In how many lines of the listing below does "cons" appear? Reply with the number only.
** Provided records follows **
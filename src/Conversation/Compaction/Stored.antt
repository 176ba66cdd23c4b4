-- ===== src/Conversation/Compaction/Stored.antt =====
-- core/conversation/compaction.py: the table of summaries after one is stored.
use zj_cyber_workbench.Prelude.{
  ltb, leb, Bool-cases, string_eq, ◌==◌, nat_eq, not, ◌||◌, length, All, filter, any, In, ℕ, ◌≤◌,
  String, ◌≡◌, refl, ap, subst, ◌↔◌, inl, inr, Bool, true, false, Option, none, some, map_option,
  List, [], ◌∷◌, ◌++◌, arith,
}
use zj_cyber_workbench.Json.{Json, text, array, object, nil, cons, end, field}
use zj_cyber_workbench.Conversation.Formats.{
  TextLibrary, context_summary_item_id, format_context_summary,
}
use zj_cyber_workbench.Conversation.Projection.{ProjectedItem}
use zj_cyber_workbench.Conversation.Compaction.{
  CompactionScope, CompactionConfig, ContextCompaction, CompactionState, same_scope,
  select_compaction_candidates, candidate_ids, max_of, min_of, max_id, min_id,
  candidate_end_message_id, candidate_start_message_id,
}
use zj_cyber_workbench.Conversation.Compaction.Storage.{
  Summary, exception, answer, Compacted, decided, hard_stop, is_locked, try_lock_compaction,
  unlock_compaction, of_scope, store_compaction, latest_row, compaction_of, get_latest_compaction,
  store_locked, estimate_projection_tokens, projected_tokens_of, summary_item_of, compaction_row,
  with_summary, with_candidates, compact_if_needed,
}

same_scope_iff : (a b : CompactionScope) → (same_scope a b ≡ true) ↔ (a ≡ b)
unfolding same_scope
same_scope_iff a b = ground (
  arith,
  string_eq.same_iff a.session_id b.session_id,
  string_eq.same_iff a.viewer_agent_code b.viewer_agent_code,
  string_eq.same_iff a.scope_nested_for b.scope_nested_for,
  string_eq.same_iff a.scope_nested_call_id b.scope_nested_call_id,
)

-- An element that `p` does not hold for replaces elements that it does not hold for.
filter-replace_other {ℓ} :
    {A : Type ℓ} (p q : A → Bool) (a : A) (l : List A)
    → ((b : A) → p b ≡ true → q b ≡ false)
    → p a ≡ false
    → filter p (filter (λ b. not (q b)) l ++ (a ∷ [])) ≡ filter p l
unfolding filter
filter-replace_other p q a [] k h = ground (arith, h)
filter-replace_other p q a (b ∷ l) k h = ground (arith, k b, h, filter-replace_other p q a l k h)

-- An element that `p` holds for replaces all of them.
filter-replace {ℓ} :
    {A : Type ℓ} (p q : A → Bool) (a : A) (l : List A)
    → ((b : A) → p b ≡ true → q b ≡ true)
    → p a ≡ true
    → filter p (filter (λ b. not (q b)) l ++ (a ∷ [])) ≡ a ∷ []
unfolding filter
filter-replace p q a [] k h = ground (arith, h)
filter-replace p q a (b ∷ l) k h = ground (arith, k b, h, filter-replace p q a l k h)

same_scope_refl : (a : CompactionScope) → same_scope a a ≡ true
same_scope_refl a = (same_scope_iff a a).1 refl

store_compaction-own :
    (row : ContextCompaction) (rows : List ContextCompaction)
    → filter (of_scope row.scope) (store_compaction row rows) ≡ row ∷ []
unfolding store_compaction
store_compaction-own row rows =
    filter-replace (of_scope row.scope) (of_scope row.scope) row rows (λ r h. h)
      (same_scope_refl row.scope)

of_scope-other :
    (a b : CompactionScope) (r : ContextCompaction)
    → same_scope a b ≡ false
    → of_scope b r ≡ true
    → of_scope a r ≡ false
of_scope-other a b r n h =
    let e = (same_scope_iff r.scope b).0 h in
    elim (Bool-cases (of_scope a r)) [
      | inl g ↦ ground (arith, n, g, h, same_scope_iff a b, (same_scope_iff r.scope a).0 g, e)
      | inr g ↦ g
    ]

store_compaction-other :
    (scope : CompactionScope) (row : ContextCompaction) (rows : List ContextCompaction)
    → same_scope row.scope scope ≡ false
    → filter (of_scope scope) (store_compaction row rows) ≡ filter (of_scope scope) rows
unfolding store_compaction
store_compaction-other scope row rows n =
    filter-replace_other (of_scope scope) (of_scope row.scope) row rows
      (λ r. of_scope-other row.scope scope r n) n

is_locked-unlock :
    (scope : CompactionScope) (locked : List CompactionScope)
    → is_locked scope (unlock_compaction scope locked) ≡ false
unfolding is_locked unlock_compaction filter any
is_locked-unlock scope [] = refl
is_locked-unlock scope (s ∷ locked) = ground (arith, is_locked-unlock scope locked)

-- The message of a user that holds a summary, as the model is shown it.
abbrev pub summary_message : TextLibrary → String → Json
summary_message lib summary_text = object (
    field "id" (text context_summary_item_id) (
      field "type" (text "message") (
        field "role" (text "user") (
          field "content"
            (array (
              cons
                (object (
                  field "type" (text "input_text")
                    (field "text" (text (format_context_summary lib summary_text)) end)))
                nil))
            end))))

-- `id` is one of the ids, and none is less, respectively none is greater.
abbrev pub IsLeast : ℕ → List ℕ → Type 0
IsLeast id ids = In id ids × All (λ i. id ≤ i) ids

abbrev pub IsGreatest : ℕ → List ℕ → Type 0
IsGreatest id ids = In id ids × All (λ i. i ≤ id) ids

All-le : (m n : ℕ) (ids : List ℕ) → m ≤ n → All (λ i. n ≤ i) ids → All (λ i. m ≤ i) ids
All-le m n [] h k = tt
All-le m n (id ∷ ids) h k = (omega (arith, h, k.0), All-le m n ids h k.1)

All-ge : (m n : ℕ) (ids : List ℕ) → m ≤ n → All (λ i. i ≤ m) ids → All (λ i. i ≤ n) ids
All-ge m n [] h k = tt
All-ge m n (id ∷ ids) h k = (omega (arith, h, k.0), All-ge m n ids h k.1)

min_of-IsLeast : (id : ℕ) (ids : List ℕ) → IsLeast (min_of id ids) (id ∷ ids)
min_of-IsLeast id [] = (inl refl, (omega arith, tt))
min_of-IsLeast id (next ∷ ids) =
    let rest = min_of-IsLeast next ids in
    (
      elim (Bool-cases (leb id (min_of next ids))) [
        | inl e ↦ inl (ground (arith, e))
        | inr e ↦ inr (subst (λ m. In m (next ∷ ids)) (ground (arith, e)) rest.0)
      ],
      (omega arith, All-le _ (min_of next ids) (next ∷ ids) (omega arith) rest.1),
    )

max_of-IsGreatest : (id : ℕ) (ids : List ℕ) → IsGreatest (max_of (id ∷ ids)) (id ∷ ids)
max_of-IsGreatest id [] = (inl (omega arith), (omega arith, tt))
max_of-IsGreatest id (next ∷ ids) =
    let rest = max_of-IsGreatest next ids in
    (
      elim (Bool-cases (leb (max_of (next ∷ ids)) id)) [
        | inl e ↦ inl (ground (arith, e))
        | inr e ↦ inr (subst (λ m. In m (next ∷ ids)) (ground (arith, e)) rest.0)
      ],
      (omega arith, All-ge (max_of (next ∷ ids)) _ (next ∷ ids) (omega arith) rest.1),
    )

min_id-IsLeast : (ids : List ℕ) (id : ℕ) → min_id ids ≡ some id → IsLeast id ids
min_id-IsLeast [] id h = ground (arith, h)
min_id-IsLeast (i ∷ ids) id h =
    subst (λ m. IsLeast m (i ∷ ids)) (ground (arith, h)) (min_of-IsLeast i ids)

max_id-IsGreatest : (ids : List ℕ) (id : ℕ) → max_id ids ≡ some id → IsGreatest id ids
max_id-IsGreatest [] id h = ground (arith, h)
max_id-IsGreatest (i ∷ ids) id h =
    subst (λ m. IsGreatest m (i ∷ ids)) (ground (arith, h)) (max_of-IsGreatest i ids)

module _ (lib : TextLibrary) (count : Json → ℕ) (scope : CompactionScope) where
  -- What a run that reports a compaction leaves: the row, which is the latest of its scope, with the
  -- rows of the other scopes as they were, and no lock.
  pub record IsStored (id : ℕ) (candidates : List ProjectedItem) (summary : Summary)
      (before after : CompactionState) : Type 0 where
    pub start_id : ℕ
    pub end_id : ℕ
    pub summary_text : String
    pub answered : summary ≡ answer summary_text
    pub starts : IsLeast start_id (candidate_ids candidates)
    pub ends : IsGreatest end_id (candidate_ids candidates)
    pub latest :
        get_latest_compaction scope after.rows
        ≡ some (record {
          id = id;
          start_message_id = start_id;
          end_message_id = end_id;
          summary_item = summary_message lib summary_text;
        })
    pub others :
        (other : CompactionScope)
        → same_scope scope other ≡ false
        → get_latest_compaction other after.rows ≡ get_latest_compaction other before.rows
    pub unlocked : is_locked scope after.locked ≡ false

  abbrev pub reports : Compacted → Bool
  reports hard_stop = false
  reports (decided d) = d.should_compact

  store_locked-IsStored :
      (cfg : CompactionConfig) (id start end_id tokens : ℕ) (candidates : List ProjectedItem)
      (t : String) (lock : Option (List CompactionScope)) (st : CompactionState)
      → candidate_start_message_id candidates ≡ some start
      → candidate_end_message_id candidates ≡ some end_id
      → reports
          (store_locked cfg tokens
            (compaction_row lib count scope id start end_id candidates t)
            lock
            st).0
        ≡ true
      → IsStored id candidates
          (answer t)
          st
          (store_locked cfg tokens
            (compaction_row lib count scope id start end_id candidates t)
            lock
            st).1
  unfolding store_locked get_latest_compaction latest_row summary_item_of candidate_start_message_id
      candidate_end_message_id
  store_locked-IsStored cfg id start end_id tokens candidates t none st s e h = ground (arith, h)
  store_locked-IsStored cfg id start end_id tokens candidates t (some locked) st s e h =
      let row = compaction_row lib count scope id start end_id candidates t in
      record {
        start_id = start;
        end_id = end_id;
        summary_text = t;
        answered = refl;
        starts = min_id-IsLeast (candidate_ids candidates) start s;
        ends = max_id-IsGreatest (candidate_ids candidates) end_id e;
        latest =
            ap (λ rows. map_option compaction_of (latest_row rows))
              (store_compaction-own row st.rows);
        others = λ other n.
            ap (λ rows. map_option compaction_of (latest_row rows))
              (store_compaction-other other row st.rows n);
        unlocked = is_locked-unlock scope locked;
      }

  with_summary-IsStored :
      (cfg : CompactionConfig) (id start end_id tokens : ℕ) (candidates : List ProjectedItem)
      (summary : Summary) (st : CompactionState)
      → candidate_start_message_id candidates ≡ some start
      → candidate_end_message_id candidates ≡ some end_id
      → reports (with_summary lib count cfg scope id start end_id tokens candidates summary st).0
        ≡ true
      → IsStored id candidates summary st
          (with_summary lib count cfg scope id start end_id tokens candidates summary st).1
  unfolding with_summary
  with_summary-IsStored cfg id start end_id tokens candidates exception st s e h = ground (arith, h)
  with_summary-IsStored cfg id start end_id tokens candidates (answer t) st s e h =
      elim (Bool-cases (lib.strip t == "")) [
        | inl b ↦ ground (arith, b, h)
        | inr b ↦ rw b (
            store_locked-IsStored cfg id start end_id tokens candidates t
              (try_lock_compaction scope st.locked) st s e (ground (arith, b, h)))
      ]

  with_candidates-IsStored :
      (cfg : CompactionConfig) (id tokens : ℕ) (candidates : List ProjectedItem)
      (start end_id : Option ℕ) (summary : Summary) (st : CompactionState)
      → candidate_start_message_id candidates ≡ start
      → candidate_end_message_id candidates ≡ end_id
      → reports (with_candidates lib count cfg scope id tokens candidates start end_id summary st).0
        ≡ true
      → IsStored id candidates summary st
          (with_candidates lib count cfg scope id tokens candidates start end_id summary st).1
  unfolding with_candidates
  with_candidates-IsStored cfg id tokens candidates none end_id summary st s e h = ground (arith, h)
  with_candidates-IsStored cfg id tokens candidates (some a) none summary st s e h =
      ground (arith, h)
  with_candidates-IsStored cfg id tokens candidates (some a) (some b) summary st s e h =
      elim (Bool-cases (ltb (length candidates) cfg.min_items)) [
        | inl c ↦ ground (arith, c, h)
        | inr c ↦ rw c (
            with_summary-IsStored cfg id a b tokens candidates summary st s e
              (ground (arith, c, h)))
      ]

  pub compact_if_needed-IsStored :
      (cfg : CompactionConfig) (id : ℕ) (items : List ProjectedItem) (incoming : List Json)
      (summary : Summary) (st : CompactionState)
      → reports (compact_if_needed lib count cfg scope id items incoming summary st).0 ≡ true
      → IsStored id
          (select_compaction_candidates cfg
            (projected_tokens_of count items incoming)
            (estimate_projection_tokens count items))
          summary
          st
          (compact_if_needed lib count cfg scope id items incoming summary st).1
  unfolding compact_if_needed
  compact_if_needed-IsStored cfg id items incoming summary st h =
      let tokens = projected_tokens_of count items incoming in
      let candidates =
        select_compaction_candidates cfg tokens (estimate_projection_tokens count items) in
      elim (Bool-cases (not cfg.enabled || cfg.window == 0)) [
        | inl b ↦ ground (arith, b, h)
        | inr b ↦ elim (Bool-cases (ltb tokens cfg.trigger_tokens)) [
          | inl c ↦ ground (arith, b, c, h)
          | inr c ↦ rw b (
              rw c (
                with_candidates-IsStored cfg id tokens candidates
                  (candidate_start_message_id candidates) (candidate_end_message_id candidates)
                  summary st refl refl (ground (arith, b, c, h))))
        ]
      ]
** End of Provided records **
▶ _Solution for this problem_:
2